_YOUR OBJECTIVE_:
Within the material below, how many lines carry the word "error"? Only that number is wanted.
BEGIN INPUT
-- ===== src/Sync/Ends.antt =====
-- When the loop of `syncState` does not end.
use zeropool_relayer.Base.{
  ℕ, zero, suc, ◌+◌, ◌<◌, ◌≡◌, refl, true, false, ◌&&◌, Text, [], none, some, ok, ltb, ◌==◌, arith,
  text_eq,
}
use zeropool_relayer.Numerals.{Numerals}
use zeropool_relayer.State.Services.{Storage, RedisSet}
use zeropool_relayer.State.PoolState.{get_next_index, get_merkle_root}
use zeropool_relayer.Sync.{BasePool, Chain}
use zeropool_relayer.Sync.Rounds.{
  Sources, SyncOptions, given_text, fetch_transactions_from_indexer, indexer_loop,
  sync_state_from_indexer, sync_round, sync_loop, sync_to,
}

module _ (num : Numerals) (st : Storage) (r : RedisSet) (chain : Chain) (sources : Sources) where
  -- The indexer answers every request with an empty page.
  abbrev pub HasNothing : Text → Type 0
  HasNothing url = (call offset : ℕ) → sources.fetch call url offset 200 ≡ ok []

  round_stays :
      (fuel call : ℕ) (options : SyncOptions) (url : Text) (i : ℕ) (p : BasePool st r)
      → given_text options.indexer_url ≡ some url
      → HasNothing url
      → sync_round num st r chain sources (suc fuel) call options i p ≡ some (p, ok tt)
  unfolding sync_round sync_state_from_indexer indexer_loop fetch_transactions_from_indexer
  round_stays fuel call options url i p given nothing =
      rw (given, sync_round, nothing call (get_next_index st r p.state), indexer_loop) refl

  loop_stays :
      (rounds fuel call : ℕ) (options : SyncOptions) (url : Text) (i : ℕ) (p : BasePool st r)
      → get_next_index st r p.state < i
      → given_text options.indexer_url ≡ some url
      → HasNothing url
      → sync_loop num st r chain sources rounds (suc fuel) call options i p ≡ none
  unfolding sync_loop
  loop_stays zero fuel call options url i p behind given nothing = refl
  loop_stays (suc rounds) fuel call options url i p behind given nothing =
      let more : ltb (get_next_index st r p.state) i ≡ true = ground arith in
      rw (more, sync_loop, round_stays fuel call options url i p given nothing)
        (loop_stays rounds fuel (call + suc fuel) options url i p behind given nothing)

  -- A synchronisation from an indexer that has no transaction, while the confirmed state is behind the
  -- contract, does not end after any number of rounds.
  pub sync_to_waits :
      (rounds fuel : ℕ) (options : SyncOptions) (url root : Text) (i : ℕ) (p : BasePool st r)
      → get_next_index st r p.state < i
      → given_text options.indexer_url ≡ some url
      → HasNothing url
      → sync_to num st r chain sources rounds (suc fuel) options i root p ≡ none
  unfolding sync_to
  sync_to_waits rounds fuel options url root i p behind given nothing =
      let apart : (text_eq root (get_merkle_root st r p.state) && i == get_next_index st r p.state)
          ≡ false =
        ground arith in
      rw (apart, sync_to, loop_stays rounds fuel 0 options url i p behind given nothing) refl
END INPUT
BEGIN INPUT
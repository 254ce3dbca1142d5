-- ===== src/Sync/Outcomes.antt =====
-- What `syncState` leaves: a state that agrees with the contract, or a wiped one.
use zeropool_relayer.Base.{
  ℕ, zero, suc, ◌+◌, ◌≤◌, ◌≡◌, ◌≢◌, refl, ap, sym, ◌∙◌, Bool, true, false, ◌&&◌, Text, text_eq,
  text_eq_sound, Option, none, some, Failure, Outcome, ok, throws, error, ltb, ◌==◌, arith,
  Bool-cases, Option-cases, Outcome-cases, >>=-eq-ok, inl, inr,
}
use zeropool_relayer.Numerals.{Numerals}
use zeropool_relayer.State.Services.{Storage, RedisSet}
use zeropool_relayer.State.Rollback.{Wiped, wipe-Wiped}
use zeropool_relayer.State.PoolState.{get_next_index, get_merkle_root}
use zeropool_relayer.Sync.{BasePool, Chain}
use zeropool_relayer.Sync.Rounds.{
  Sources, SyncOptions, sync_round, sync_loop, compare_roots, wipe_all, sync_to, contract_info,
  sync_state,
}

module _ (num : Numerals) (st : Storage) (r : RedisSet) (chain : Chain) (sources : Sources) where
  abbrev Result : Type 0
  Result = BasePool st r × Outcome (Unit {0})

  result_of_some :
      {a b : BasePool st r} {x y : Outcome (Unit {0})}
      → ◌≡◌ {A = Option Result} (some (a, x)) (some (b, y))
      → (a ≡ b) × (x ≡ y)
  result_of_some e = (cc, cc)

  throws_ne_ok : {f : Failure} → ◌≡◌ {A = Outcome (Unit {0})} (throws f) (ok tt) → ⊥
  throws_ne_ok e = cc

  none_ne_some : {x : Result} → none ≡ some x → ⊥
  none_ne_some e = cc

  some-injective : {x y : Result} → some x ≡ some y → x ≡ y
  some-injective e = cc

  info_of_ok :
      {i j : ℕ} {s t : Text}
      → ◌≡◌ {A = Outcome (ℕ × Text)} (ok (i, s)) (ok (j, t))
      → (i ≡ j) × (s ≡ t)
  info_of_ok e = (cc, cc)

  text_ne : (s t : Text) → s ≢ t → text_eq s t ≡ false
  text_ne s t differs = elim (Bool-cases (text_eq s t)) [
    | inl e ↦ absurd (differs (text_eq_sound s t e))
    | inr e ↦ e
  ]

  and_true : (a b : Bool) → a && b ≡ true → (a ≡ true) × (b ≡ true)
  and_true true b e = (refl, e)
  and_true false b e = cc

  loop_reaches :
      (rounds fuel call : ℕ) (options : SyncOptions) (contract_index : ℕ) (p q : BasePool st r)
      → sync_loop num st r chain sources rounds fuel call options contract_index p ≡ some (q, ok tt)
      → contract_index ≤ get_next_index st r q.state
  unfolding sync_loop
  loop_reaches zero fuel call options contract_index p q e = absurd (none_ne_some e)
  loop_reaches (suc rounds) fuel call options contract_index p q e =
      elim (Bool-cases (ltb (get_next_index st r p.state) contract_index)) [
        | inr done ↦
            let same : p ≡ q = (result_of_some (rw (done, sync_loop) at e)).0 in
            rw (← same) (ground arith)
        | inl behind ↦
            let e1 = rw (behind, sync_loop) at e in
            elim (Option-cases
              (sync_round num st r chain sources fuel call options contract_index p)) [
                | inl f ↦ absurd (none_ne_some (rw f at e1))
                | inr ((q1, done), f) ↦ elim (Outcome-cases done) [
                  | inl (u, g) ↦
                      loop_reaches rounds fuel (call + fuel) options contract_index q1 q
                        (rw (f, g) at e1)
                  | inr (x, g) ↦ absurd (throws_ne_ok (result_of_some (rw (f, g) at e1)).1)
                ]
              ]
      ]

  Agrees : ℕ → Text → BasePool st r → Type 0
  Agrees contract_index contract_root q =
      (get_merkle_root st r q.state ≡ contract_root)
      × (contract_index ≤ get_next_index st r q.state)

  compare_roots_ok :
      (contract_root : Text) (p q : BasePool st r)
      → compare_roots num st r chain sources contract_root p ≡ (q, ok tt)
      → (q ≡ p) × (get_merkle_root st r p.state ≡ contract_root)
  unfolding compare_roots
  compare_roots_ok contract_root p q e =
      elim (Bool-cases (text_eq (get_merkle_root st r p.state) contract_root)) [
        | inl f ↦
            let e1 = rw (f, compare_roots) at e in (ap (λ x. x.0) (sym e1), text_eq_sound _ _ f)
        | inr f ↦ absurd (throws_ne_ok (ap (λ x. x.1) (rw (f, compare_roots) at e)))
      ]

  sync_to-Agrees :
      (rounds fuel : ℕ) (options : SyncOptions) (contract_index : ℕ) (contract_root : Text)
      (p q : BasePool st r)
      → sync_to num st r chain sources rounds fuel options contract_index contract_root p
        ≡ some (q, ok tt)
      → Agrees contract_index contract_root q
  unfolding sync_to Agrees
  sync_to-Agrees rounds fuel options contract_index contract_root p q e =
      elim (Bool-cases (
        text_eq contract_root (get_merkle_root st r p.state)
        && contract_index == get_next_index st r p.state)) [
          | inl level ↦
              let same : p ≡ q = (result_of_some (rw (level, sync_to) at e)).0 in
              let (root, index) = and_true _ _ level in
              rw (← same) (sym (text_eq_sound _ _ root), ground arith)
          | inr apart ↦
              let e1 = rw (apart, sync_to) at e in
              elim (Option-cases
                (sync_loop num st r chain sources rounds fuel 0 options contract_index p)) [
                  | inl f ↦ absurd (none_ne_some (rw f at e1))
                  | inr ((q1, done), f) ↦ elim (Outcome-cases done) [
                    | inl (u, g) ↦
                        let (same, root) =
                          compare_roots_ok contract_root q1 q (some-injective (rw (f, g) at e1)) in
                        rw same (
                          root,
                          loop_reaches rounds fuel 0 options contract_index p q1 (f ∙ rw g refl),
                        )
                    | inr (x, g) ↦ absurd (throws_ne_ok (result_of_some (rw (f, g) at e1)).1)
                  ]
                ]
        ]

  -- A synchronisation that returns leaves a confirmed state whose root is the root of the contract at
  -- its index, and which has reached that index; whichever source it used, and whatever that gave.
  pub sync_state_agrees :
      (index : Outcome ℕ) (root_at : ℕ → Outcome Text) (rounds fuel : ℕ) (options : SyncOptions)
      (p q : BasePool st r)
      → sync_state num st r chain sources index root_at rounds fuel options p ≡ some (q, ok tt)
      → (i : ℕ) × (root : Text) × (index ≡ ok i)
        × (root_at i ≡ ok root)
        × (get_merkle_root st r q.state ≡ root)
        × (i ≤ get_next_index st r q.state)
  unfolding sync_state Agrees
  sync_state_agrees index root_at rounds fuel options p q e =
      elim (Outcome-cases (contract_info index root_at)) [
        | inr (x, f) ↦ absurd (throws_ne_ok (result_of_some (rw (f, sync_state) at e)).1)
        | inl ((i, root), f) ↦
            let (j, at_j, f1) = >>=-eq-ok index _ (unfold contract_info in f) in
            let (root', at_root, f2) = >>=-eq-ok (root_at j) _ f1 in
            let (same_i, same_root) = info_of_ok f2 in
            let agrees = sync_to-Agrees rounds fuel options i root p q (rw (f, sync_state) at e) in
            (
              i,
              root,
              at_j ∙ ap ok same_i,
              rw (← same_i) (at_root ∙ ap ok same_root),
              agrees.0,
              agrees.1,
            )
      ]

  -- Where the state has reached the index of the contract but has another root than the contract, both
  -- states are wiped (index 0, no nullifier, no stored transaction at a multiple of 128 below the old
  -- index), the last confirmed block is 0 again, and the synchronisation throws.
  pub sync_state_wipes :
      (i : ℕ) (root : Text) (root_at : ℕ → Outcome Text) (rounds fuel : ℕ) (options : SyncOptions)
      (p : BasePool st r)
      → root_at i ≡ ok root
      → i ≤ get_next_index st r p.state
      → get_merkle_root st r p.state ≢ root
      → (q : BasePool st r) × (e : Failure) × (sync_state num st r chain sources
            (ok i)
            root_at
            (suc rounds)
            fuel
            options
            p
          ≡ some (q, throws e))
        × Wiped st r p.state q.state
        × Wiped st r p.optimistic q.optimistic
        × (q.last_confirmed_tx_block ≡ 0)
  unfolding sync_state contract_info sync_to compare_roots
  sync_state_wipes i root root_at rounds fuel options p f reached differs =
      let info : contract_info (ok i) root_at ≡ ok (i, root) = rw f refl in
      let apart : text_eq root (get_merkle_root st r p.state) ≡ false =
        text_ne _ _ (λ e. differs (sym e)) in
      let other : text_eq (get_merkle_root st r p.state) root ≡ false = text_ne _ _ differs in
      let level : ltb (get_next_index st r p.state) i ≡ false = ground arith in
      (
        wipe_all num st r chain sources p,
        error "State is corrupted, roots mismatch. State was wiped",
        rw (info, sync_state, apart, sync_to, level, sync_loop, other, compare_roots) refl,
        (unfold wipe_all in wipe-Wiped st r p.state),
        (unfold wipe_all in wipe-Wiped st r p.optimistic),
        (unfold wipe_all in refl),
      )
END INPUT
_WORKED SOLUTION_:
2